=== Records provided ===

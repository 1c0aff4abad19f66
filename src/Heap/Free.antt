-- ===== src/Heap/Free.antt =====
-- `kfree` against the list of blocks.
use mathlib.Core.Path.{subst}
use hatcher.Base.{
  ℕ, ◌+◌, ◌^◌, ◌≤◌, ◌<◌, ◌≡◌, refl, sym, ◌∙◌, true, false, Option, some, List, [], ◌∷◌, arith, ◌==◌,
  ==_iff, Bool-cases, inl, inr, length,
}
use hatcher.Effect.{and_then_assoc, Returns, bind, mono, ok, ◌>>◌, Cmd}
use hatcher.Heap.{Block, Heap, block_size, sub64, mark_free, merge_next, merge_prev, kfree}
use hatcher.Heap.Spec.{Seg, after, absorb_next, absorb_prev, release, has_block}
use hatcher.Heap.Chain.{Chain, Chain-le, block, start}
use hatcher.Heap.Split.{Holds}
use hatcher.Heap.Malloc.{IsHeap, IsHeap-Holds, start-eq}
use hatcher.Heap.Merge.{merge_next-absorb, merge_prev-absorb, merge_prev_first}

Holds-trans :
    {m m₁ m₂ : Heap} {prev prev₁ a b : ℕ} {ss ts : List Seg} {e : ℕ}
    → b ≤ a
    → Holds m prev₁ a ss e m₁
    → Holds m₁ prev b ts e m₂
    → Holds m prev b ts e m₂
Holds-trans le h k = record {
  chain = k.chain;
  below = λ y lt. k.below y lt ∙ h.below y (omega arith);
  head = k.head ∙ h.head;
  base = k.base ∙ h.base;
  total = k.total ∙ h.total;
  bytes = λ y. k.bytes y ∙ h.bytes y;
}

-- What was done to the blocks behind the first one leaves that one linked to them.
Holds-cons :
    {m m' : Heap} {prev a : ℕ} {s : Seg} (ss : List Seg) {ts : List Seg} {e : ℕ}
    → start (after a s) ts ≡ start (after a s) ss
    → m.header a ≡ some (block s (start (after a s) ss) prev)
    → Holds m a (after a s) ts e m'
    → Holds m prev a (s ∷ ts) e m'
Holds-cons {a} ss same at h = record {
  chain = (rw same (h.below a (omega arith) ∙ at), h.chain);
  below = λ y lt. h.below y (omega arith);
  head = h.head;
  base = h.base;
  total = h.total;
  bytes = h.bytes;
}

start-absorb_next : (a n : ℕ) (ss : List Seg) → start a (absorb_next n ss) ≡ a
unfolding absorb_next
start-absorb_next a n [] = refl
start-absorb_next a n (s ∷ ss) = ground arith

start-absorb_prev : (a : ℕ) (s : Seg) (ss : List Seg) → start a (absorb_prev s ss) ≡ a
unfolding absorb_prev
start-absorb_prev a s [] = refl
start-absorb_prev a s (n ∷ ss) = ground arith

start-release : (p a : ℕ) (ss : List Seg) → start a (release p a ss) ≡ start a ss
unfolding release
start-release p a [] = refl
start-release p a (s ∷ ss) =
    ground (arith, start-absorb_next a s.size ss, start-absorb_prev a s (release p (after a s) ss))

le_of_has_block : (p a : ℕ) (ss : List Seg) → has_block p a ss ≡ true → a ≤ p
unfolding has_block
le_of_has_block p a [] h = cc
le_of_has_block p a (s ∷ ss) h = ground (arith, le_of_has_block p (after a s) ss)

-- `kfree` behind its test for NULL, at a block.
unjoin : ℕ → Cmd Heap (Unit {0})
unjoin p = (mark_free p >> merge_next p) >> merge_prev p

-- The block behind `s`, released and joined to the one behind it, is joined to `s`.
unjoin_second :
    (m m₁ : Heap) (prev a e : ℕ) (s : Seg) (ss ts : List Seg)
    → 0 < a
    → e < 2 ^ 64
    → start (after a s) ts ≡ start (after a s) ss
    → 0 < start (after a s) ts
    → m.header a ≡ some (block s (start (after a s) ss) prev)
    → Holds m a (after a s) ts e m₁
    → Returns (λ _ m'. Holds m prev a (absorb_prev s ts) e m') (merge_prev (after a s) m₁)
unjoin_second m m₁ prev a e s ss [] pos room same some_block at h = elim some_block [ ]
unjoin_second m m₁ prev a e s ss (t ∷ ts) pos room same some_block at h =
    let k = Holds-cons {prev = prev} ss same at h in
    mono (merge_prev-absorb m₁ prev a e s t ts pos room k.chain)
      λ _ m₂ h₂. Holds-trans (omega arith) k h₂

release_past :
    (p a : ℕ) (s : Seg) (ss : List Seg)
    → (a == p) ≡ false
    → (after a s == p) ≡ false
    → release p a (s ∷ ss) ≡ s ∷ release p (after a s) ss
unfolding release
release_past p a s ss past miss = simp (past, miss)

release_second :
    (a : ℕ) (s t : Seg) (ss : List Seg)
    → release (after a s) a (s ∷ t ∷ ss) ≡ absorb_prev s (absorb_next t.size ss)
unfolding release
release_second a s t ss =
    let past : (a == after a s) ≡ false = ground arith in
    let self : (after a s == after a s) ≡ true = ground arith in simp (past, self)

release_first : (a : ℕ) (s : Seg) (ss : List Seg) → release a a (s ∷ ss) ≡ absorb_next s.size ss
unfolding release
release_first a s ss = let self : (a == a) ≡ true = ground arith in simp self

-- A block that is not the first of its chain, released.
unjoin-release :
    (m : Heap) (p prev a e : ℕ) (s : Seg) (ss : List Seg)
    → 0 < a
    → e < 2 ^ 64
    → has_block p (after a s) ss ≡ true
    → Chain m.header prev a (s ∷ ss) e
    → Returns (λ _ m'. Holds m prev a (release p a (s ∷ ss)) e m') (unjoin p m)
unfolding has_block
unjoin-release m p prev a e s [] pos room mem c = cc
unjoin-release m p prev a e s (t ∷ ts) pos room mem c = elim (Bool-cases (after a s == p)) [
  | inl at ↦
      subst (λ q. Returns (λ _ m'. Holds m prev a (release q a (s ∷ t ∷ ts)) e m') (unjoin q m))
        ((==_iff _ _).0 at) second
  | inr miss ↦
      let past : (a == p) ≡ false = ground (arith, le_of_has_block p (after a s) (t ∷ ts) mem) in
      rw (release_past p a s (t ∷ ts) past miss) (
        mono (unjoin-release m p a (after a s) e t ts (omega arith) room (ground arith) c.1)
          λ _ m' h. Holds-cons (t ∷ ts) (start-release p (after a s) (t ∷ ts)) c.0 h)
]
  where
    second :
        Returns
          (λ _ m'. Holds m prev a (release (after a s) a (s ∷ t ∷ ts)) e m')
          (unjoin (after a s) m)
    second = rw release_second (
        unfold unjoin in
        bind (merge_next-absorb m a (after a s) e t ts (omega arith) room c.1) λ _ m₁ h.
          unjoin_second m m₁ prev a e s (t ∷ ts) (absorb_next t.size ts) pos room
            (start-absorb_next (after a s) t.size ts)
            (omega (arith, start-absorb_next (after a s) t.size ts)) c.0 h)

-- A block of the heap, the first one included.
unjoin_any :
    (m : Heap) (p a e : ℕ) (ss : List Seg)
    → 0 < a
    → e < 2 ^ 64
    → has_block p a ss ≡ true
    → Chain m.header 0 a ss e
    → Returns (λ _ m'. Holds m 0 a (release p a ss) e m') (unjoin p m)
unfolding has_block
unjoin_any m p a e [] pos room mem c = cc
unjoin_any m p a e (s ∷ ss) pos room mem c = elim (Bool-cases (a == p)) [
  | inl at ↦
      subst (λ q. Returns (λ _ m'. Holds m 0 a (release q a (s ∷ ss)) e m') (unjoin q m))
        ((==_iff _ _).0 at) first
  | inr miss ↦ unjoin-release m p 0 a e s ss pos room (ground arith) c
]
  where
    alone :
        (m₁ : Heap) (ts : List Seg)
        → start a ts ≡ a
        → Holds m 0 a ts e m₁
        → Returns (λ _ m'. Holds m 0 a ts e m') (merge_prev a m₁)
    alone m₁ [] some_block h = absurd (omega arith)
    alone m₁ (t ∷ ts) some_block h =
        mono (merge_prev_first m₁ a e t ts pos h.chain) λ _ m₂ same. rw same h

    first : Returns (λ _ m'. Holds m 0 a (release a a (s ∷ ss)) e m') (unjoin a m)
    first = rw release_first (
        unfold unjoin in
        bind (merge_next-absorb m 0 a e s ss pos room c)
          λ _ m₁ h. alone m₁ (absorb_next s.size ss) (start-absorb_next a s.size ss) h)

kfree-unjoin :
    (m : Heap) (p : ℕ) → 0 < p → p + block_size < 2 ^ 64 → kfree (p + block_size) m ≡ unjoin p m
unfolding kfree unjoin
kfree-unjoin m p pos room =
    let nz : (p + block_size == 0) ≡ false = ground arith in
    let back : sub64 (p + block_size) block_size ≡ p = omega arith in
    rw (nz, back) (sym (and_then_assoc (mark_free p m) (λ _. merge_next p) (λ _. merge_prev p)))

has_block-le :
    (h : ℕ → Option Block) (p prev a : ℕ) (ss : List Seg) (e : ℕ)
    → Chain h prev a ss e
    → has_block p a ss ≡ true
    → p + block_size ≤ e
unfolding has_block
has_block-le h p prev a [] e c mem = cc
has_block-le h p prev a (s ∷ ss) e c mem = elim (Bool-cases (a == p)) [
  | inl at ↦ omega (arith, (==_iff a p).0 at, Chain-le h a (after a s) ss e c.1)
  | inr miss ↦ has_block-le h p a (after a s) ss e c.1 (ground arith)
]

length_of_start : (a : ℕ) (ss : List Seg) → 0 < start a ss → 0 < length ss
length_of_start a [] h = h
length_of_start a (s ∷ ss) h = omega arith

-- `kfree` of the address behind a block's header ends, without a fault, in a heap in which that
-- block is released and joined to its free neighbours; it changes no byte behind a header. `kfree`
-- of NULL does nothing.
pub kfree-release :
    (m : Heap) (ss : List Seg) (p : ℕ)
    → IsHeap m ss
    → has_block p m.heap_base ss ≡ true
    → Returns
        (λ _ m'.
          IsHeap m' (release p m.heap_base ss)
          × (m'.heap_base ≡ m.heap_base)
          × (m'.heap_total_size ≡ m.heap_total_size)
          × ((y : ℕ) → m'.byte y ≡ m.byte y))
        (kfree (p + block_size) m)
      × (kfree 0 m ≡ ok tt m)
unfolding kfree
kfree-release m ss p v mem = (
  rw (kfree-unjoin m p (omega (arith, v.low, low)) (omega (arith, v.high, top))) (
      mono
        (unjoin_any m p m.heap_base (m.heap_base + m.heap_total_size) ss v.low v.high mem v.chain)
        λ _ m' h. (IsHeap-Holds v still h, h.base, h.total, h.bytes)),
  refl,
)
  where
    low : m.heap_base ≤ p
    low = le_of_has_block p m.heap_base ss mem

    top : p + block_size ≤ m.heap_base + m.heap_total_size
    top = has_block-le m.header p 0 m.heap_base ss _ v.chain mem

    still : 0 < length (release p m.heap_base ss)
    still =
        length_of_start m.heap_base (release p m.heap_base ss)
          (rw (start-release, start-eq m.heap_base ss v.nonempty) v.low)
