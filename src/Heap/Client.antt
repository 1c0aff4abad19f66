-- ===== src/Heap/Client.antt =====
-- What the callers of the allocator may rely on, for every heap that `heap_init` and the calls of
-- `kmalloc` and `kfree` lead to.
use mathlib.Core.Path.{subst}
use hatcher.Base.{
  sym, ℕ, ◌+◌, ◌-◌, ◌^◌, ◌%◌, ◌≤◌, ◌<◌, ◌≡◌, ◌≢◌, ◌↔◌, true, false, some, List, arith, All,
}
use hatcher.Effect.{Returns, at_end, mono, ok}
use hatcher.Heap.{Heap, block_size, align16, kmalloc, kfree}
use hatcher.Heap.Spec.{Seg, seg, fits, alloc, alloc_at, release, has_block}
use hatcher.Heap.Malloc.{IsHeap, kmalloc-alloc}
use hatcher.Heap.Free.{kfree-release}
use hatcher.Heap.Joined.{IsJoined, alloc-IsJoined, release-IsJoined, release-alloc}
use hatcher.Heap.Busy.{busy_blocks, Adds, alloc-Adds}
use hatcher.Heap.Blocks.{
  block_at, block_at-alloc, block_at-release_busy, alloc_at-eq-zero, has_block_of_block_at,
}

-- `ALIGN16` rounds a size up to the next multiple of 16; a size above 2^64 - 16 is rounded to 0, as
-- 0 is.
align16_lem :
    (size k : ℕ)
    → 0 < size
    → size ≤ 2 ^ 64 - 16
    → k < 15
    → (align16 size % 16 ≡ 0)
      × (size ≤ align16 size)
      × (align16 size < size + 16)
      × (align16 (2 ^ 64 - 15 + k) ≡ 0)
      × (align16 0 ≡ 0)
unfolding align16
align16_lem size k pos small below = omega arith

handed_out :
    {m m' : Heap} {ss : List Seg} (size p : ℕ)
    → IsHeap m ss
    → kmalloc size m ≡ ok (p + block_size) m'
    → (alloc_at (align16 size) m.heap_base ss ≡ p + block_size)
      × IsHeap m' (alloc (align16 size) ss)
      × (m'.heap_base ≡ m.heap_base)
handed_out {m} {m'} {ss} size p v e =
    let all = at_end _ (p + block_size) m' (kmalloc-alloc m ss size v) e in
    (sym all.0, all.1, all.2)

-- What a successful `kmalloc` hands out is the space behind the header of a block in use that holds
-- at least the rounded size, and where no block was in use before. The heap it leaves is well formed,
-- and its blocks in use, by address and size, are this one and those that were in use before.
pub kmalloc_in_use :
    {m m' : Heap} {ss : List Seg} (size p : ℕ)
    → IsHeap m ss
    → kmalloc size m ≡ ok (p + block_size) m'
    → (ts : List Seg) × (k : ℕ) × IsHeap m' ts
      × (align16 size ≤ k)
      × Adds p k (busy_blocks m.heap_base ss) (busy_blocks m'.heap_base ts)
kmalloc_in_use {m} {m'} {ss} size p v e =
    let (at, v', base) = handed_out size p v e in
    let (k, adds, le) = alloc-Adds (align16 size) p m.heap_base ss at in
    (alloc (align16 size) ss, k, v', le, rw base adds)

-- `kmalloc` returns NULL exactly when no free block holds the rounded size.
pub kmalloc-null :
    (m : Heap) (ss : List Seg) (size : ℕ)
    → IsHeap m ss
    → Returns (λ p m'. (p ≡ 0) ↔ All (λ s. fits (align16 size) s ≡ false) ss) (kmalloc size m)
kmalloc-null m ss size v =
    mono (kmalloc-alloc m ss size v)
      λ p m' r. rw r.0 (alloc_at-eq-zero (align16 size) m.heap_base ss)

-- A `kfree` right behind the `kmalloc` that handed the block out gives the blocks back as they were,
-- in a heap where no two free blocks lie side by side.
pub kfree-kmalloc :
    {m m' : Heap} {ss : List Seg} (size p : ℕ)
    → IsHeap m ss
    → IsJoined ss
    → kmalloc size m ≡ ok (p + block_size) m'
    → Returns (λ _ m''. IsHeap m'' ss) (kfree (p + block_size) m')
kfree-kmalloc {m} {m'} {ss} size p v j e =
    let (at, v', base) = handed_out size p v e in
    let (k, held, le) = block_at-alloc (align16 size) p m.heap_base ss at in
    let there = has_block_of_block_at p m.heap_base (alloc (align16 size) ss) held in
    mono (kfree-release m' (alloc (align16 size) ss) p v' (rw base there)).0 λ _ m'' r.
      subst (λ ts. IsHeap m'' ts) (rw base (release-alloc (align16 size) p m.heap_base ss j at)) r.0

-- `kfree` of one block leaves each other block that is in use at its address, with its size.
pub kfree_keeps :
    (m : Heap) (ss : List Seg) (p q j : ℕ)
    → IsHeap m ss
    → has_block p m.heap_base ss ≡ true
    → q ≢ p
    → block_at q m.heap_base ss ≡ some (seg j false)
    → Returns
        (λ _ m'.
          IsHeap m' (release p m.heap_base ss)
          × (block_at q m'.heap_base (release p m.heap_base ss) ≡ some (seg j false)))
        (kfree (p + block_size) m)
kfree_keeps m ss p q j v mem ne old =
    mono (kfree-release m ss p v mem).0
      λ _ m' r. (r.0, rw r.1 (block_at-release_busy p q j m.heap_base ss ne old))

-- Neither `kmalloc` nor `kfree` leaves two free blocks side by side, where there were none.
pub heap_stays-IsJoined :
    (m : Heap) (ss : List Seg) (size p : ℕ)
    → IsHeap m ss
    → IsJoined ss
    → has_block p m.heap_base ss ≡ true
    → Returns (λ _ m'. (ts : List Seg) × IsHeap m' ts × IsJoined ts) (kmalloc size m)
      × Returns (λ _ m'. (ts : List Seg) × IsHeap m' ts × IsJoined ts) (kfree (p + block_size) m)
heap_stays-IsJoined m ss size p v j mem = (
  mono (kmalloc-alloc m ss size v)
      λ _ m' r. (alloc (align16 size) ss, r.1, alloc-IsJoined (align16 size) ss j),
  mono (kfree-release m ss p v mem).0
      λ _ m' r. (release p m.heap_base ss, r.0, release-IsJoined p m.heap_base ss j),
)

===

- [Exercise requirements] Identify all lines in the records above with the word "Option".

- [Answer to this exercise]
  ℕ, ◌+◌, ◌^◌, ◌≤◌, ◌<◌, ◌≡◌, refl, sym, ◌∙◌, true, false, Option, some, List, [], ◌∷◌, arith, ◌==◌,
    (h : ℕ → Option Block) (p prev a : ℕ) (ss : List Seg) (e : ℕ)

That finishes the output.